The job is to find each line of the records below that includes the word "eight" and copy it.

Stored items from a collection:
╭──

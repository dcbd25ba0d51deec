-- ===== src/Udp/Blob/Transfer.antt =====
-- transport/udp/udp.go, `FetchBlob` and `handleBlobConn`: a blob over a connection that may break.
use webrtc_dht.Prelude.{
  ℕ, zero, suc, le_refl, ◌+◌, ◌*◌, ◌-◌, ◌/◌, ◌%◌, ◌^◌, ◌≤◌, ◌<◌, ◌≡◌, refl, sym, ap, ◌∙◌,
  Bool-cases, inl, inr, true, false, Option, none, [], ◌∷◌, ◌++◌, arith, ltb, leb, ◌==◌,
  if◌then◌else◌, length, take, drop, length-append, length-take, take-append_left, drop-append_left,
  Text, Bytes, codes,
}
use webrtc_dht.Types.{not_found, wrapped, Result, ok, err}
use webrtc_dht.Node.{Node}
use webrtc_dht.Storage.Files.{Formats}
use webrtc_dht.Transport.{Transport}
use webrtc_dht.Udp.Blob.{
  put_bytes, get_bytes, put_uint64, get_uint64, ended, read_full, held_blob, blob_answer,
  handle_blob_conn, blob_read, sized, size_read, asked, fetch_blob,
}

get_bytes-put_bytes :
    (width n : ℕ) (rest : Bytes)
    → n < 256 ^ width
    → get_bytes 0 (put_bytes width n rest) ≡ get_bytes n rest
unfolding get_bytes put_bytes
get_bytes-put_bytes zero n rest h = ap (λ a. get_bytes a rest) {x = 0} {y = n} (omega arith)
get_bytes-put_bytes (suc width) n rest h =
    get_bytes-put_bytes width (n / 256) (n % 256 ∷ rest) (omega arith)
    ∙ ap (λ a. get_bytes a rest) {x = n / 256 * 256 + n % 256} {y = n} (omega arith)

length-put_bytes :
    (width n : ℕ) (rest : Bytes) → length (put_bytes width n rest) ≡ width + length rest
unfolding put_bytes
length-put_bytes zero n rest = omega arith
length-put_bytes (suc width) n rest =
    length-put_bytes width (n / 256) (n % 256 ∷ rest) ∙ omega arith

take-take : (n k : ℕ) (xs : Bytes) → n ≤ k → take n (take k xs) ≡ take n xs
take-take zero k xs h = refl
take-take (suc n) zero xs h = absurd (omega arith)
take-take (suc n) (suc k) [] h = refl
take-take (suc n) (suc k) (x ∷ xs) h = ap (◌∷◌ x) (take-take n k xs (omega arith))

take_nil : (k : ℕ) → take {A = ℕ} k [] ≡ []
take_nil zero = refl
take_nil (suc k) = refl

drop-take : (n k : ℕ) (xs : Bytes) → n ≤ k → drop n (take k xs) ≡ take (k - n) (drop n xs)
drop-take zero k xs h = ap (λ i. take i xs) {x = k} {y = k - 0} (omega arith)
drop-take (suc n) zero xs h = absurd (omega arith)
drop-take (suc n) (suc k) [] h = sym (take_nil (suc k - suc n))
drop-take (suc n) (suc k) (x ∷ xs) h =
    drop-take n k xs (omega arith)
    ∙ ap (λ i. take i (drop n xs)) {x = k - n} {y = suc k - suc n} (omega arith)

-- Reading from what is left of a connection that breaks.
read_full-take :
    (n k : ℕ) (xs : Bytes)
    → n ≤ length xs
    → read_full n (take k xs)
      ≡ (if ltb k n then err (ended k) else ok (take n xs, take (k - n) (drop n xs)))
unfolding read_full
read_full-take n k xs h = elim (Bool-cases (ltb k n)) [
  | inl e ↦
      let size : length (take k xs) ≡ k = length-take k xs ∙ ground arith in
      let short : leb n (length (take k xs)) ≡ false = ground arith in
      rw (e, short) (ap (λ i. err (ended i)) size)
  | inr e ↦
      let long : leb n (length (take k xs)) ≡ true = ground (arith, length-take k xs) in
      rw (e, long)
        (ap (λ i. ok (i, drop n (take k xs))) (take-take n k xs (ground arith))
          ∙ ap (λ i. ok (take n xs, i)) (drop-take n k xs (ground arith)))
]

take_all : (n : ℕ) (xs : Bytes) → length xs ≡ n → take n xs ≡ xs
take_all zero [] h = refl
take_all zero (x ∷ xs) h = absurd (omega arith)
take_all (suc n) [] h = refl
take_all (suc n) (x ∷ xs) h = ap (◌∷◌ x) (take_all n xs (omega arith))

-- What the caller gets of a blob, if the connection breaks after so many bytes.
unfoldable pub received : ℕ → Bytes → Result Bytes
received cut [] = if ltb cut 8 then err (ended cut) else err not_found
received cut (b ∷ bs) =
    if ltb cut 8
    then err (ended cut)
    else if ltb (cut - 8) (length (b ∷ bs))
    then err (wrapped (codes "blob read: ") (ended (cut - 8)))
    else ok (b ∷ bs)

sized-received :
    (cut : ℕ) (bytes : Bytes)
    → ltb cut 8 ≡ false
    → sized (length bytes) (take (cut - 8) bytes) ≡ received cut bytes
unfolding sized received blob_read
sized-received cut [] e = rw e
sized-received cut (b ∷ bs) e =
    ap blob_read (read_full-take (length (b ∷ bs)) (cut - 8) (b ∷ bs) (le_refl _))
    ∙ rw e (elim (Bool-cases (ltb (cut - 8) (length (b ∷ bs)))) [
      | inl f ↦ rw f refl
      | inr f ↦ rw f (ap ok (take_all _ (b ∷ bs) refl))
    ])

received_short : (cut : ℕ) (bytes : Bytes) → ltb cut 8 ≡ true → received cut bytes ≡ err (ended cut)
unfolding received
received_short cut [] e = rw e
received_short cut (b ∷ bs) e = rw e

size_read-received :
    (cut : ℕ) (bytes : Bytes)
    → length bytes < 2 ^ 64
    → size_read (read_full 8 (take cut (put_uint64 (length bytes) ++ bytes))) ≡ received cut bytes
unfolding size_read get_bytes
size_read-received cut bytes h =
    let size = put_uint64 (length bytes) in
    let eight : length size ≡ 8 = length-put_bytes 8 (length bytes) [] in
    let enough : 8 ≤ length (size ++ bytes) = omega (arith, length-append size bytes, eight) in
    let back : get_uint64 size ≡ length bytes =
      get_bytes-put_bytes 8 (length bytes) [] (omega arith) in
    ap size_read (read_full-take 8 cut (size ++ bytes) enough) ∙ elim (Bool-cases (ltb cut 8)) [
      | inl e ↦ rw e (sym (received_short cut bytes e))
      | inr e ↦
          rw (e, take-append_left size bytes 8 eight, drop-append_left size bytes 8 eight, back)
            (sized-received cut bytes e)
    ]

module _ (F : Formats) (T : Transport) (handler : Option Node) (ref : Text) (addr : Text) where
  -- A request for a blob by a reference of 64 bytes, to a node whose blob has fewer than 2 ^ 64
  -- bytes, over a connection that is made but breaks after so many bytes of the answer: the
  -- caller has the blob if all of it came; otherwise it has an error, never a part of the blob.
  -- An empty blob, one that the handler refuses, and that of a node without a handler are
  -- reported as not found.
  pub fetch_blob-handle_blob_conn :
      (cut : ℕ)
      → length ref ≡ 64
      → length (held_blob F T handler ref) < 2 ^ 64
      → fetch_blob addr none none (λ input. take cut (handle_blob_conn F T handler input)) ref
        ≡ received cut (held_blob F T handler ref)
  unfolding fetch_blob asked handle_blob_conn blob_answer read_full
  fetch_blob-handle_blob_conn cut size small =
      let bytes = held_blob F T handler ref in
      let right : (length ref == 64) ≡ true = ground arith in
      let whole : leb 64 (length ref) ≡ true = ground arith in
      rw (right, whole, take_all 64 ref size) (size_read-received cut bytes small)
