-- ===== src/Tests/Udp.antt =====
-- The theorems of calls as messages, applied.
use webrtc_dht.Prelude.{refl, ◌≡◌, none, some, [], ◌∷◌, arith, codes, Text, ◌<◌, ◌^◌, length, take}
use webrtc_dht.Prelude.Assoc
use webrtc_dht.Key.{key_eq}
use webrtc_dht.Storage
use webrtc_dht.Storage.Disk.{get_blob}
use webrtc_dht.Storage.Files.{read_file, path_eq, join}
use webrtc_dht.Node.{on_ping, on_store, on_find_node, on_find_value, on_fetch_blob}
use webrtc_dht.Udp.{rpc_ping, rpc_store, plain, error_of, nodes_of, value_of}
use webrtc_dht.Json.{wire_value, wired_nodes, wired_value}
use webrtc_dht.Udp.Calls.{
  or_nothing, called, call, store_message, find_node_message, find_value_message, dispatch_lem,
}
use webrtc_dht.Udp.Replies.{handle_replies, first_for, handle_replies-first_for}
use webrtc_dht.Udp.Blob.{held_blob, handle_blob_conn, fetch_blob}
use webrtc_dht.Udp.Blob.Transfer.{received, fetch_blob-handle_blob_conn}
use webrtc_dht.Tests.Codec.{formats}
use webrtc_dht.Tests.Data.{key, peer, inline_value, net}
use webrtc_dht.Tests.Node.{node, ref, blob_holder}

abbrev id : Text
id = codes "0a"

dispatch_lem_example :
    let (w₁, node₁, nodes) = on_find_node formats (net none) 0 node (some (peer 9)) (key 3) in
    let (w₂, node₂, found) = on_find_value formats (net none) 0 node (some (peer 9)) (key 4) in
    (called formats
        (net none)
        (peer 1)
        (λ a. a)
        (peer 9)
        0
        node
        id
        error_of
        (call formats (net none) (peer 1) (λ a. a) (peer 9) 0 node id (plain rpc_ping))
      ≡ on_ping formats (net none) 0 node (some (peer 9)))
    × (called formats
          (net none)
          (peer 1)
          (λ a. a)
          (peer 9)
          0
          node
          id
          error_of
          (call formats
            (net none)
            (peer 1)
            (λ a. a)
            (peer 9)
            0
            node
            id
            (store_message formats
              (net none)
              (peer 1)
              (λ a. a)
              (peer 9)
              0
              node
              id
              (key 4)
              inline_value))
        ≡ on_store formats (net none) 0 node (some (peer 9)) (key 4) (wire_value inline_value))
    × (called formats
          (net none)
          (peer 1)
          (λ a. a)
          (peer 9)
          0
          node
          id
          nodes_of
          (call formats
            (net none)
            (peer 1)
            (λ a. a)
            (peer 9)
            0
            node
            id
            (find_node_message formats (net none) (peer 1) (λ a. a) (peer 9) 0 node id (key 3)))
        ≡ (w₁, node₁, wired_nodes (λ a. a) nodes))
    × (called formats
          (net none)
          (peer 1)
          (λ a. a)
          (peer 9)
          0
          node
          id
          value_of
          (call formats
            (net none)
            (peer 1)
            (λ a. a)
            (peer 9)
            0
            node
            id
            (find_value_message formats (net none) (peer 1) (λ a. a) (peer 9) 0 node id (key 4)))
        ≡ (w₂, node₂, or_nothing (wired_value (λ a. a) found)))
dispatch_lem_example =
    dispatch_lem formats (net none) (peer 1) (λ a. a) (peer 9) 0 node id (key 3) (key 4)
      inline_value

handle_replies-first_for_example :
    Assoc.lookup key_eq id (
      handle_replies
        (Assoc.assign key_eq id none [])
        (plain rpc_ping ∷ record (plain rpc_store) { req_id = id } ∷ []))
    ≡ some (first_for id (plain rpc_ping ∷ record (plain rpc_store) { req_id = id } ∷ []))
handle_replies-first_for_example =
    handle_replies-first_for id [] (plain rpc_ping ∷ record (plain rpc_store) { req_id = id } ∷ [])

has_blob : held_blob formats (net none) (some blob_holder) ref ≡ 1 ∷ 2 ∷ 3 ∷ []
unfolding on_fetch_blob Storage.as_blob_store get_blob read_file Assoc.lookup path_eq join codes
has_blob = refl

small : length (held_blob formats (net none) (some blob_holder) ref) < 2 ^ 64
small = rw has_blob (omega arith)

fetch_blob-handle_blob_conn_example :
    fetch_blob
      (codes "a:1")
      none
      none
      (λ input. take 20 (handle_blob_conn formats (net none) (some blob_holder) input))
      ref
    ≡ received 20 (held_blob formats (net none) (some blob_holder) ref)
fetch_blob-handle_blob_conn_example =
    fetch_blob-handle_blob_conn formats (net none) (some blob_holder) ref (codes "a:1") 20 refl
      small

╰──

**Written response:**
    let eight : length size ≡ 8 = length-put_bytes 8 (length bytes) [] in
    let enough : 8 ≤ length (size ++ bytes) = omega (arith, length-append size bytes, eight) in
          rw (e, take-append_left size bytes 8 eight, drop-append_left size bytes 8 eight, back)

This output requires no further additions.